The two main projects I was working on recently were my white textured felt piece and my stitched felt piece. I was working on them a little at a time when I got the chance, inspired by Ruth's Daily Dose of Fiber Challenge on the Felting and Fiber Studio Site. It took a while, but I finally finished the stitched felt piece, and I really like the way it turned out.
I thought I would never get a clear, bright enough day to photograph my finished white texture piece, but I finally did last week. I had to take it outside and use a large piece of cardboard because the locks make it about 27 inches from top to bottom.
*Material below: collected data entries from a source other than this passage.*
-- ===== src/Storage/Cached.antt =====
-- Microblocks are kept in a buffer until they are flushed to their files (CachedStorage.ts), and are
-- read back from there (Storage.ts).
use carmentis_node.Base.{
  ℕ, ◌+◌, ◌≡◌, Bool, true, false, Option, none, some, List, [], ◌∷◌, ◌++◌, Bytes, length, get_or,
  Result, ok, ◌>>=◌, ◌>>◌,
}
use carmentis_node.Base.Maps.{Map, find, insert}
use carmentis_node.Base.Effects
use carmentis_node.Base.Effects.{Outcome, done, failed, Action}
use carmentis_node.Database.Stores.{Table, Database}
use carmentis_node.Storage.Paths.{Calendar, get_file_path, get_file_identifier}
use carmentis_node.Storage.Files.{Disk, MicroblockStorage, read_stored, write_transactions}

-- `DataFile`, an entry of the table of that name.
pub record DataFile : Type 0 where
  pub file_size : ℕ
  pub microblock_count : ℕ

-- `BufferedTransactions`
pub record BufferedTransactions : Type 0 where
  pub transactions_to_write : List Bytes
  pub expected_file_size_before_to_write : ℕ

-- The codecs, the directory of the files, and how a microblock is taken apart: its header and body.
pub record StorageSdk : Type 0 where
  pub calendar : Calendar
  pub path : Bytes
  pub int_to_byte_array : ℕ → ℕ → Bytes
  pub load_from_serialized_microblock : Bytes → Result (Bytes × Bytes)
  pub encode_storage : MicroblockStorage → Bytes
  pub decode_storage : Bytes → MicroblockStorage
  pub decode-encode_storage : (s : MicroblockStorage) → decode_storage (encode_storage s) ≡ s
  pub encode_data_file : DataFile → Bytes
  pub decode_data_file : Bytes → DataFile
  pub decode-encode_data_file : (f : DataFile) → decode_data_file (encode_data_file f) ≡ f

-- The buffer is by file identifier, the microblocks by their hashes.
pub record CachedStorage (db : Database) : Type 0 where
  pub content_to_be_written : Map BufferedTransactions
  pub cached_microblocks : Map Bytes
  pub store : db.Store
  pub disk : Disk

-- `MicroblockReadingMode`
pub data MicroblockReadingMode : Type 0 where
  read_full read_header read_body : MicroblockReadingMode

module _ (sdk : StorageSdk) (db : Database) where
  abbrev pub path_of : ℕ → Bytes
  path_of file_identifier = get_file_path sdk.calendar sdk.path file_identifier

  -- `getMicroblockStorage`
  abbrev pub get_microblock_storage : db.Store → Bytes → Option MicroblockStorage
  get_microblock_storage store hash = elim (db.get_raw store Table.microblock_storage hash) [
    | none ↦ none
    | some encoded ↦ some (sdk.decode_storage encoded)
  ]

  -- `putMicroblockStorage`
  abbrev pub put_microblock_storage : db.Store → Bytes → MicroblockStorage → db.Store
  put_microblock_storage store hash storage =
      db.put_raw store Table.microblock_storage hash (sdk.encode_storage storage)

  -- `getDataFileFromDataFileKey`, or the entry of a new file
  unfoldable pub get_data_file : db.Store → Bytes → DataFile
  get_data_file store key = elim (db.get_raw store Table.data_file key) [
    | none ↦ record { file_size = 0; microblock_count = 0 }
    | some encoded ↦ sdk.decode_data_file encoded
  ]

  -- `putDataFile`
  abbrev pub put_data_file : db.Store → Bytes → DataFile → db.Store
  put_data_file store key data_file =
      db.put_raw store Table.data_file key (sdk.encode_data_file data_file)

  -- `readMicroblock` of `Storage`
  unfoldable pub read_from_disk : Disk → db.Store → Bytes → Option Bytes
  read_from_disk disk store hash = elim (get_microblock_storage store hash) [
    | none ↦ none
    | some info ↦ read_stored disk (path_of info.file_identifier) info.offset info.size
  ]

  -- What `readMicroblock` finds, in the cache or on the disk.
  unfoldable pub find_microblock : CachedStorage db → Bytes → Option Bytes
  unfolding find
  find_microblock s hash = elim (find hash s.cached_microblocks) [
    | some serialized ↦ some serialized
    | none ↦ read_from_disk s.disk s.store hash
  ]

  -- The sanity check throws where the microblock cannot be loaded; a wrong hash is only logged.
  abbrev pub check_sanity : Bool → Bytes → Result (Unit {0})
  check_sanity false serialized = ok tt
  check_sanity true serialized =
      sdk.load_from_serialized_microblock serialized >>= λ microblock. ok tt

  abbrev pub part_of : MicroblockReadingMode → Bytes → Result Bytes
  part_of read_full serialized = ok serialized
  part_of read_header serialized =
      sdk.load_from_serialized_microblock serialized >>= λ microblock. ok microblock.0
  part_of read_body serialized =
      sdk.load_from_serialized_microblock serialized >>= λ microblock. ok microblock.1

  -- `readMicroblock`
  unfoldable pub read_microblock :
      CachedStorage db → Bytes → MicroblockReadingMode → Bool → Result (Option Bytes)
  read_microblock s hash part_type do_sanity_check = elim (find_microblock s hash) [
    | none ↦ ok none
    | some serialized ↦
        check_sanity do_sanity_check serialized
        >> (part_of part_type serialized >>= λ part. ok (some part))
  ]

  -- The buffer with one more transaction for a file.
  unfoldable pub push_transaction :
      ℕ → Bytes → ℕ → Map BufferedTransactions → Map BufferedTransactions
  unfolding find insert
  push_transaction file_identifier tx file_size buffer = elim (find (file_identifier ∷ []) buffer) [
    | some b ↦
        insert (file_identifier ∷ [])
          (record b { transactions_to_write = b.transactions_to_write ++ (tx ∷ []) }) buffer
    | none ↦
        insert (file_identifier ∷ [])
          (record {
            transactions_to_write = tx ∷ [];
            expected_file_size_before_to_write = file_size;
          })
          buffer
  ]

  -- `addMicroblockToBuffer`, given the hash of the microblock
  unfoldable pub add_microblock_to_buffer : ℕ → Bytes → Bytes → CachedStorage db → CachedStorage db
  unfolding get_file_identifier push_transaction get_data_file
  add_microblock_to_buffer expiration_day hash serialized s =
      let file_identifier = get_file_identifier expiration_day hash in
      let key = sdk.int_to_byte_array file_identifier 4 in
      let data_file = get_data_file s.store key in
      let size = length serialized in
      let located =
        put_microblock_storage s.store hash (record {
          file_identifier = file_identifier;
          offset = data_file.file_size;
          size = size;
        }) in
      record {
        content_to_be_written =
            push_transaction file_identifier serialized data_file.file_size s.content_to_be_written;
        cached_microblocks = insert hash serialized s.cached_microblocks;
        store = put_data_file located key (record {
          file_size = data_file.file_size + size;
          microblock_count = data_file.microblock_count + 1;
        });
        disk = s.disk;
      }

  -- `clear`
  abbrev pub clear : CachedStorage db → CachedStorage db
  clear s = record s { content_to_be_written = []; cached_microblocks = [] }

  -- The loop of `flush`.
  unfoldable pub write_buffers : Map BufferedTransactions → Action Disk (Unit {0})
  write_buffers [] disk = done tt disk
  write_buffers ((key, b) ∷ buffers) disk =
      Effects.bind
        (write_transactions (path_of (get_or key 0 0)) b.expected_file_size_before_to_write
          b.transactions_to_write disk)
        (λ u. write_buffers buffers)

  -- `flush`
  unfoldable pub flush : Action (CachedStorage db) (Unit {0})
  flush s = elim (write_buffers s.content_to_be_written s.disk) [
    | done u disk ↦ done tt (clear (record s { disk = disk }))
    | failed disk ↦ failed (record s { disk = disk })
  ]

-- `getPendingTransactionsByFileIdentifier`
abbrev pub get_pending_transactions : {db : Database} → CachedStorage db → ℕ → Option (List Bytes)
get_pending_transactions s file_identifier =
    elim (find (file_identifier ∷ []) s.content_to_be_written) [
      | none ↦ none
      | some b ↦ some b.transactions_to_write
    ]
I used lots of different white wools on this piece, mostly to keep it soft and 'spongey'. English 56s, Swaledale, Texel and Cheviot were used for the main body texture. I used wool saved from my hand carders, scraps of cotton gauze and cheesecloth and carded lambswool between the layers to increase texture.
I tried something a little different with this piece, I left the centre without any wool when I laid out the first two layers, then added a piece of cotton gauze before the last two layers.
It worked out really well, you can see from this close up how a few wool wisps crept behind the gauze.
I added the locks around the sides at the same time I added the gauze. They kept their shape really well during felting and none of them tangled together. The Angora, Wensleydale and Teeswater locks in this next photo show how nicely they turned out.
For surface texture I used cotton gauze, scoured Bluefaced Leicester and Wensleydale, raw Mohair, wool nepps, raw Gotland, Teeswater and Wensleydale locks, and embellishment fibres soybean top and silk noil.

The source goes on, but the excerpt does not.